M. Charles Bakst

m. charles bakst

Snow debacle: What Cicilline doesn’t say

10:27 AM EST on Friday, December 21, 2007

I appreciate Mayor David Cicilline’s taking ultimate responsibility yesterday for the fiasco that saw city schoolchildren stranded on buses well into the night during last week’s storm.

But I’d have appreciated it more if he also had accepted more of the blame, if he talked less like a bureaucrat and more like a human being.

That would be asking a lot of someone eying a 2010 run for governor. It’s hard to admit to personal failings. But I think voters appreciate officeholders who can summon the courage to say, “I messed up. I apologize.”

It’s relatively easy, as Democrat Cicilline did, to fire someone and to suspend someone else, just as it was relatively easy for Republican Governor Carcieri to throw someone under the bus for the state government’s inept response to the storm.

A politician hardly is about to announce, “I’m firing myself.” But can’t they do better at acknowledging their own miscues?

Offhand, it sounds like the firing and suspension Cicilline announced at a news conference were appropriate. (Maybe even more heads should have rolled.)

And I was impressed by the series of communications/coordination reforms he unveiled, with a guarantee of avoiding a recurrence of last week’s chaos.

Still, the mayor had problems talking about himself. When asked what last week’s episode said of his ability to manage a city during a crisis, he said there was a systematic breakdown in communications, from the bus company to the School Department and so on, and declared, “What people expect from leaders is when you have in fact identified a problem, fix it.”

I asked, “What failure do you acknowledge? What about your performance?” Again, Cicilline said he accepted ultimate responsibility. So I asked again, “What did you do wrong?”

But he still had trouble with the concept. He said, “The way that an emergency like this is supposed to work is that as people identify what began as a snowstorm and became an emergency, there are people who are charged with actively monitoring that, and so there are a whole series of people, both within the School Department, the chief of operations, whose responsibility, I believe, is to actively monitor that, and then when a problem arises, to reach out to the superintendent and, ultimately, to me as mayor of the city, or my office, to engage all the resources in the city to make that happen. That ultimately did not happen …The same with emergency operations…”

Well, what exactly had Cicilline been doing? “I was in the city. I was at DPW. I was at City Hall.” As he learned things, he acted, but he didn’t hear things quickly enough, he said.

Is he kicking himself for something he did, or didn’t, do? He said he was kicking himself for not being made aware or learning sooner about stranded kids.
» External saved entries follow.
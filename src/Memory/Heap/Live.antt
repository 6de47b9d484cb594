-- ===== src/Memory/Heap/Live.antt =====
-- What the users of the heap of kernel/src/memory/heap.cpp see: the blocks in use, by address and
-- length, and what the operations on lists of segments do to them.
use lensor_os.Prelude.{
  ℕ, zero, suc, ◌+◌, ◌≡◌, refl, ap, ◌≤◌, true, false, Bool, Option, none, some, List, [], ◌∷◌, ◌++◌,
  arith, if◌then◌else◌, ◌==◌, Bool-cases, inl, inr,
}
use lensor_os.Memory.Heap.{header_size, heap_virtual_base, expansion}
use lensor_os.Memory.Heap.Chain.{Segment, after, past}
use lensor_os.Memory.Heap.Combine.{merged, absorb_next, absorb_into}
use lensor_os.Memory.Heap.FirstFit.{suits, carve, first_fit}
use lensor_os.Memory.Heap.Split.{front_part, rest_of}
use lensor_os.Memory.Heap.Expand.{grow, extension}
use lensor_os.Memory.Heap.Malloc.{allocate_segments}

abbrev pub Blocks : Type 0
Blocks = List (ℕ × ℕ)

abbrev pub live : ℕ → List Segment → Blocks
live a [] = []
live a (s ∷ rest) =
    if s.free then live (after a s) rest else (a + header_size, s.length) ∷ live (after a s) rest

-- The second blocks are the first ones with one more.
abbrev pub Added : ℕ → ℕ → Blocks → Blocks → Type 0
Added p n xs ys =
    (before : Blocks) × (behind : Blocks) × (xs ≡ before ++ behind)
    × (ys ≡ before ++ ((p, n) ∷ behind))

Added-cons : (b : ℕ × ℕ) (p n : ℕ) (xs ys : Blocks) → Added p n xs ys → Added p n (b ∷ xs) (b ∷ ys)
Added-cons b p n xs ys (before, behind, e, e') =
    (b ∷ before, behind, ap (λ (l : Blocks). b ∷ l) e, ap (λ (l : Blocks). b ∷ l) e')

Added-cons_unless :
    (free : Bool) (b : ℕ × ℕ) (p n : ℕ) (xs ys : Blocks)
    → Added p n xs ys
    → Added p n (if free then xs else b ∷ xs) (if free then ys else b ∷ ys)
Added-cons_unless true b p n xs ys g = g
Added-cons_unless false b p n xs ys g = Added-cons b p n xs ys g

pub live-append :
    (a : ℕ) (xs ys : List Segment) → live a (xs ++ ys) ≡ live a xs ++ live (past a xs) ys
live-append a [] ys = refl
live-append a (x ∷ xs) ys = ground (arith, live-append (after a x) xs ys)

-- A free segment takes no block in with it.
pub live-absorb_next :
    (a : ℕ) (s : Segment) (ys : List Segment)
    → s.free ≡ true
    → live a (absorb_next s ys) ≡ live (after a s) ys
live-absorb_next a s [] f = rw f refl
live-absorb_next a s (t ∷ ys) f =
    let same : after a (merged s t) ≡ after (after a s) t = omega arith in ground (arith, same)

pub live-absorb_into :
    (a : ℕ) (p s : Segment) (ys : List Segment) → live a (absorb_into p s ys) ≡ live a (p ∷ s ∷ ys)
live-absorb_into a p s ys = ground (arith, live-absorb_next a p (s ∷ ys))

live-grow : (bytes a : ℕ) (segs : List Segment) → live a (grow bytes segs) ≡ live a segs
live-grow bytes a [] = refl
live-grow bytes a (s ∷ []) = ground (arith, live-absorb_into a s (extension bytes) [])
live-grow bytes a (s ∷ t ∷ rest) = ground (arith, live-grow bytes (after a s) (t ∷ rest))

-- A carved segment has one block more, of the length that is asked for.
live-carve :
    (n a : ℕ) (s : Segment) (ys : List Segment)
    → suits n s ≡ true
    → live a (carve n s ++ ys) ≡ (a + header_size, n) ∷ live (after a s) ys
live-carve n a s ys fit = elim (Bool-cases (s.length == n)) [
  | inl e ↦ ground arith
  | inr e ↦
      let same : after (after a (front_part n s)) (rest_of n s) ≡ after a s = ground arith in
      ground (arith, same)
]

-- What is granted is one more block, of the length that is asked for.
abbrev pub Grants : ℕ → ℕ → Blocks → Option (ℕ × List Segment) → Type 0
Grants n a xs none = Unit
Grants n a xs (some (p, segs)) = Added p n xs (live a segs)

Grants-skip :
    (n a : ℕ) (s : Segment) (xs : Blocks) (o : Option (ℕ × List Segment))
    → Grants n (after a s) xs o
    → Grants n a
        (if s.free then xs else (a + header_size, s.length) ∷ xs)
        (elim o [ none ↦ none | some (p, segs) ↦ some (p, s ∷ segs) ])
Grants-skip n a s xs none g = tt
Grants-skip n a s xs (some (p, segs)) g =
    Added-cons_unless s.free (a + header_size, s.length) p n xs (live (after a s) segs) g

first_fit-Grants : (n a : ℕ) (segs : List Segment) → Grants n a (live a segs) (first_fit n a segs)
first_fit-Grants n a [] = tt
first_fit-Grants n a (s ∷ rest) = elim (Bool-cases (suits n s)) [
  | inl fit ↦ rw fit ([], live (after a s) rest, ground arith, live-carve n a s rest fit)
  | inr unfit ↦
      rw unfit (Grants-skip n a s (live (after a s) rest) _ (first_fit-Grants n (after a s) rest))
]

Grants-retry :
    (n a : ℕ) (xs : Blocks) (o again : Option (ℕ × List Segment))
    → Grants n a xs o
    → Grants n a xs again
    → Grants n a xs (elim o [ none ↦ again | some found ↦ some found ])
Grants-retry n a xs none again g g' = g'
Grants-retry n a xs (some found) again g g' = g

pub allocate_segments-Grants :
    (rounds n : ℕ) (segs : List Segment)
    → Grants n heap_virtual_base (live heap_virtual_base segs) (allocate_segments rounds n segs)
allocate_segments-Grants zero n segs = tt
allocate_segments-Grants (suc rounds) n segs =
    Grants-retry n heap_virtual_base _ (first_fit n heap_virtual_base segs) _
      (first_fit-Grants n heap_virtual_base segs)
      (rw (live-grow (expansion n) heap_virtual_base segs) at
        (allocate_segments-Grants rounds n (grow (expansion n) segs)))

-- Blocks that stand one behind the other from an address to another, each behind its own header.
abbrev pub Apart : ℕ → Blocks → ℕ → Type 0
Apart from [] to = from ≤ to
Apart from ((p, n) ∷ rest) to = (from + header_size ≤ p) × Apart (p + n) rest to

Apart-from : (a b : ℕ) (xs : Blocks) (to : ℕ) → a ≤ b → Apart b xs to → Apart a xs to
Apart-from a b [] to l h = omega arith
Apart-from a b ((p, n) ∷ rest) to l (h, r) = (omega arith, r)

pub live-Apart : (a : ℕ) (segs : List Segment) → Apart a (live a segs) (past a segs)
live-Apart a [] = omega arith
live-Apart a (s ∷ rest) =
    let r = live-Apart (after a s) rest in
    elim (Bool-cases s.free) [
      | inl f ↦ rw f (Apart-from a (after a s) (live (after a s) rest) _ (omega arith) r)
      | inr f ↦ rw f (omega arith, r)
    ]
Later, I took the mayor aside and asked if the incident shook his self-confidence. “No, I’m disappointed.” But he didn’t sound much disappointed in himself, except, perhaps, that he had relied too much on others. In retrospect, he said, he should have checked more often on what they were doing and on how they were carrying out their responsibilities.

Well, sure, and I don’t mean to pound the guy. But the fact that he hadn’t been more curious or more insistent — and learn more and turn to the state for help — was a significant shortcoming on his part, and, in facing yesterday’s cameras, he should have been more reflective and, yes, harder on himself.

M. Charles Bakst is The Journal’s political columnist.